I ask Alok about his own breath. He gives an example of a day like today, when he has rented a private plane to fly between two shows: “Just doing one (show): I don’t agree with it, you know? There’s a way to do it thoughtfully. Like, I don’t have my (own) plane anymore,” he says. “I slowed down my breathing, but I didn’t stop excreting oil.
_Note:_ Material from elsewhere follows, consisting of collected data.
-- ===== src/StatusList/Steps.antt =====
-- Allocations and revocations, in any order.
use minister.Common.{
  ℕ, String, ◌≡◌, ◌⊎◌, refl, sym, ap, ◌∙◌, inl, inr, true, false, not, Option, none, some, List, [],
  ◌+◌, ◌∷◌, map, any, arith, Bool-cases, Option-cases, map-In, In, Entries, lookup, lookup-insert,
  string_eq, eq_iff, ◌==◌,
}
use minister.StatusList.Registry.{
  StatusEntry, ShardRow, Registry, AllocatedStatus, entry_in, roll, is_entry_of, find_existing,
  is_set, allocate_in_shard, add_entry, allocate_new, allocate_or, allocate_status_entry,
  upsert_revocation, revoke_entries, revoke_status_anchor, Call, allocate_call, revoke_call,
  perform, perform_all,
}
use minister.StatusList.Revoked.{
  is_at, AreApart, AreRevoked, AreSound, stamp, stamp-same, stamp-keeps, stamp-sets, stamp-AreApart,
  revoke_test, or_revoked-AreRevoked, or_revoked-AreApart, same-AreRevoked, none-of, draw_bit-free,
  some-none, some-same,
}
use minister.StatusList.Tombstones.{IsDead, perform_all-revoked}

entry_in-AreApart :
    (shard : ShardRow) (anchor client : String) (revoked_at : Option ℕ) (bit : Option ℕ)
    (entries : List StatusEntry) (e : StatusEntry)
    → entry_in shard anchor client revoked_at bit ≡ some e
    → ((b : ℕ) → bit ≡ some b → any (is_at shard.id b) entries ≡ false)
    → any (is_entry_of anchor client) entries ≡ false
    → AreApart entries
    → AreApart (e ∷ entries)
unfolding entry_in AreApart
entry_in-AreApart shard anchor client revoked_at none entries e h free fresh apart =
    absurd (some-none (sym h))
entry_in-AreApart shard anchor client revoked_at (some b) entries e h free fresh apart =
    let q = some-same h in rw (← q) ((fresh, free b refl, apart))

-- A new entry is apart from the others.
in_shard-AreApart :
    (shard : ShardRow) (anchor client : String) (revoked_at : Option ℕ) (draws : List ℕ)
    (entries : List StatusEntry) (e : StatusEntry)
    → allocate_in_shard shard anchor client revoked_at draws entries ≡ some e
    → any (is_entry_of anchor client) entries ≡ false
    → AreApart entries
    → AreApart (e ∷ entries)
unfolding allocate_in_shard
in_shard-AreApart shard anchor client revoked_at draws entries e h fresh apart =
    entry_in-AreApart shard anchor client revoked_at _ entries e h
      (λ b p. draw_bit-free shard.id _ entries b p) fresh apart

add_entry-AreSound :
    (now : ℕ) (revoked_at : Option ℕ) (e : StatusEntry) (shards : List ShardRow) (store : Registry)
    → AreApart (e ∷ store.entries)
    → AreSound store
    → AreSound (add_entry now revoked_at (some e) shards store).1
unfolding AreSound add_entry
add_entry-AreSound now revoked_at e shards store apart sound = (
  or_revoked-AreApart _ now e.status_anchor e.client_id (e ∷ store.entries) apart,
  or_revoked-AreRevoked now (is_set revoked_at) store.revocations e store.entries sound.1,
)

none-AreSound :
    (now : ℕ) (revoked_at : Option ℕ) (shards : List ShardRow) (store : Registry)
    → AreSound store
    → AreSound (add_entry now revoked_at none shards store).1
unfolding AreSound add_entry
none-AreSound now revoked_at shards store sound = sound

entries-apart : (store : Registry) → AreSound store → AreApart store.entries
unfolding AreSound
entries-apart store sound = sound.0

module _ (now : ℕ) (anchor client : String) (revoked_at : Option ℕ) (store : Registry)
    (sound : AreSound store) (fresh : any (is_entry_of anchor client) store.entries ≡ false) where
  added-AreSound :
      (shard : ShardRow) (draws : List ℕ) (shards : List ShardRow)
      → AreSound
          (add_entry now revoked_at
            (allocate_in_shard shard anchor client revoked_at draws store.entries)
            shards
            store).1
  added-AreSound shard draws shards =
      elim (Option-cases (allocate_in_shard shard anchor client revoked_at draws store.entries)) [
        | inl p ↦ rw p (none-AreSound now revoked_at shards store sound)
        | inr (e, p) ↦ rw p (
            add_entry-AreSound now revoked_at e shards store
              (in_shard-AreApart shard anchor client revoked_at draws store.entries e p fresh
                (entries-apart store sound))
              sound)
      ]

  roll-AreSound :
      (e : Option StatusEntry) (shards : List ShardRow) (next : Option AllocatedStatus × Registry)
      → AreSound (add_entry now revoked_at e shards store).1
      → AreSound next.1
      → AreSound (roll now revoked_at e shards store next).1
  unfolding roll
  roll-AreSound none shards next h k = k
  roll-AreSound (some e) shards next h k = h

  allocate_new-AreSound :
      (id next_id : String) (draws more : List ℕ)
      → AreSound (allocate_new now id next_id draws more anchor client revoked_at store).1
  unfolding allocate_new
  allocate_new-AreSound id next_id draws more =
      roll-AreSound _ _ _ (added-AreSound _ draws _) (added-AreSound _ more _)

allocate_or-AreSound :
    (found : Option AllocatedStatus) (now : ℕ) (anchor client : String) (revoked_at : Option ℕ)
    (new : Option AllocatedStatus × Registry) (store : Registry)
    → AreSound store
    → (found ≡ none → AreSound new.1)
    → AreSound (allocate_or found now anchor client revoked_at new store).1
unfolding allocate_or AreSound
allocate_or-AreSound none now anchor client revoked_at new store sound h = h refl
allocate_or-AreSound (some place) now anchor client revoked_at new store sound h = (
  or_revoked-AreApart (is_set revoked_at) now anchor client store.entries sound.0,
  same-AreRevoked (is_set revoked_at) now anchor client store.revocations store.entries sound.1,
)

allocate-AreSound :
    (now : ℕ) (id next_id : String) (draws more : List ℕ) (anchor client : String)
    (store : Registry)
    → AreSound store
    → AreSound (allocate_status_entry now id next_id draws more anchor client store).1
unfolding allocate_status_entry
allocate-AreSound now id next_id draws more anchor client store sound =
    allocate_or-AreSound (find_existing anchor client store.entries) now anchor client _ _ store
      sound
      (λ p.
        allocate_new-AreSound now anchor client _ store sound
          (none-of anchor client store.entries p) id next_id draws more)

upsert-set :
    (found : Option ℕ) (now : ℕ) (anchor other_anchor : String) (revocations : Entries String ℕ)
    → (anchor == other_anchor) ≡ false
    → lookup (upsert_revocation found now anchor revocations) other_anchor
      ≡ lookup revocations other_anchor
unfolding upsert_revocation
upsert-set none now anchor other_anchor revocations h =
    rw (lookup-insert revocations anchor other_anchor now, h) refl
upsert-set (some t) now anchor other_anchor revocations h = refl

revoke-test-own :
    (anchor : String) (e : StatusEntry)
    → (e.status_anchor == anchor) ≡ true
    → revoke_test anchor e ≡ not (is_set e.revoked_at)
revoke-test-own anchor e h = rw h refl

flip-same : (a b : String) → (a == b) ≡ (b == a)
flip-same a b = ground (arith, eq_iff a b, eq_iff b a)

upsert-cases :
    (found : Option ℕ) (now : ℕ) (anchor k : String) (revocations : Entries String ℕ)
    → is_set (lookup (upsert_revocation found now anchor revocations) k) ≡ true
    → ((k == anchor) ≡ true) ⊎ (is_set (lookup revocations k) ≡ true)
upsert-cases found now anchor k revocations h = elim (Bool-cases (anchor == k)) [
  | inl same ↦ inl (flip-same k anchor ∙ same)
  | inr differs ↦ inr (ap is_set (sym (upsert-set found now anchor k revocations differs)) ∙ h)
]

module _ (jitter : StatusEntry → ℕ) (now : ℕ) (anchor : String) where
  abbrev revoked : StatusEntry → StatusEntry
  revoked = stamp (revoke_test anchor) (λ _. some now) (λ e. some (now + jitter e))

  revoked-AreRevoked :
      (found : Option ℕ) (revocations : Entries String ℕ) (entries : List StatusEntry)
      → AreRevoked revocations entries
      → AreRevoked (upsert_revocation found now anchor revocations) (map revoked entries)
  unfolding AreRevoked is_set
  revoked-AreRevoked found revocations entries h x m r =
      let (old, n, p) = map-In revoked x entries m in
      let a : x.status_anchor ≡ old.status_anchor =
        ap (λ (y : StatusEntry). y.status_anchor) p
        ∙ stamp-same (revoke_test anchor) (λ _. some now) (λ e. some (now + jitter e))
            (λ y. y.status_anchor) old refl in
      ap (λ (y : StatusEntry). is_set y.revoked_at) p
      ∙ elim (upsert-cases found now anchor old.status_anchor revocations (
          ap (λ k. is_set (lookup (upsert_revocation found now anchor revocations) k)) (sym a)
          ∙ r)) [
            | inl own ↦
                stamp-sets (revoke_test anchor) (λ _. some now) (λ e. some (now + jitter e))
                  (λ _. refl) old (revoke-test-own anchor old own)
            | inr before ↦
                stamp-keeps (revoke_test anchor) (λ _. some now) (λ e. some (now + jitter e))
                  (λ _. refl) old (h old n before)
          ]

  revoke-AreSound :
      (store : Registry) → AreSound store → AreSound (revoke_status_anchor jitter now anchor store)
  unfolding AreSound revoke_status_anchor revoke_entries
  revoke-AreSound store sound = (
    stamp-AreApart (revoke_test anchor) (λ _. some now) (λ e. some (now + jitter e)) store.entries
        sound.0,
    revoked-AreRevoked (lookup store.revocations anchor) store.revocations store.entries sound.1,
  )

perform-AreSound :
    (now : ℕ) (call : Call) (store : Registry) → AreSound store → AreSound (perform now call store)
unfolding perform
perform-AreSound now (allocate_call id next_id draws more anchor client) store sound =
    allocate-AreSound now id next_id draws more anchor client store sound
perform-AreSound now (revoke_call jitter anchor) store sound =
    revoke-AreSound jitter now anchor store sound

steps-AreSound :
    (calls : List (ℕ × Call)) (store : Registry)
    → AreSound store
    → AreSound (perform_all calls store)
unfolding perform_all
steps-AreSound [] store sound = sound
steps-AreSound ((now, call) ∷ calls) store sound =
    steps-AreSound calls (perform now call store) (perform-AreSound now call store sound)

-- Allocations and revocations, each as one step, in any order and at any times, with any random
-- draws. If it was so before, then every entry of an anchor with a tombstone is revoked, an app has
-- at most one entry for an anchor, and no two entries share a bit of a list. And each anchor that
-- was the subject of a revocation, however early, has its tombstone at the end, and all its entries
-- are revoked, also those that were allocated afterwards.
pub perform_all-AreSound :
    (calls : List (ℕ × Call)) (store : Registry)
    → AreSound store
    → AreSound (perform_all calls store)
      × ((now : ℕ) (jitter : StatusEntry → ℕ) (anchor : String)
          → In (now, revoke_call jitter anchor) calls
          → IsDead anchor (perform_all calls store))
unfolding IsDead AreSound AreRevoked
perform_all-AreSound calls store sound =
    let end : AreSound (perform_all calls store) = steps-AreSound calls store sound in
    (
      end,
      λ now jitter anchor m.
          let dead = perform_all-revoked calls store now jitter anchor m in
          (
            dead,
            λ e at own.
                end.1 e at
                  (ap (λ k. is_set (lookup (perform_all calls store).revocations k)) own ∙ dead),
          ),
    )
AI is another issue that Alok wants to tackle: at Coachella in 2025, he held Keep Art Human, a show in which 50 dancers created a precise choreography that replaced the big screens with pyrotechnics. “AI as a tool is not a problem,” says Alok. “But it also brings comfort, and art isn’t just comfort, it’s struggle. Through music we create a community, and we can’t give that to AI.”
He also criticizes the superstar DJ culture that dominates electronic music today. Despite having nearly 29m Instagram followers, “I wouldn’t like to turn DJs into gods,” he says calmly, like a sage. “We are here in service, always.”
He recalls meeting Sadhguru, an Indian spiritual leader and founder of the Isha Foundation. He told me: ‘If you want to save the world with black hands, you will stain everything. First you have to take care of yourself, to achieve your goal.'” I asked Alok if he could be this kind of leader. “No,” he says, and disappeared through the gate of the airport.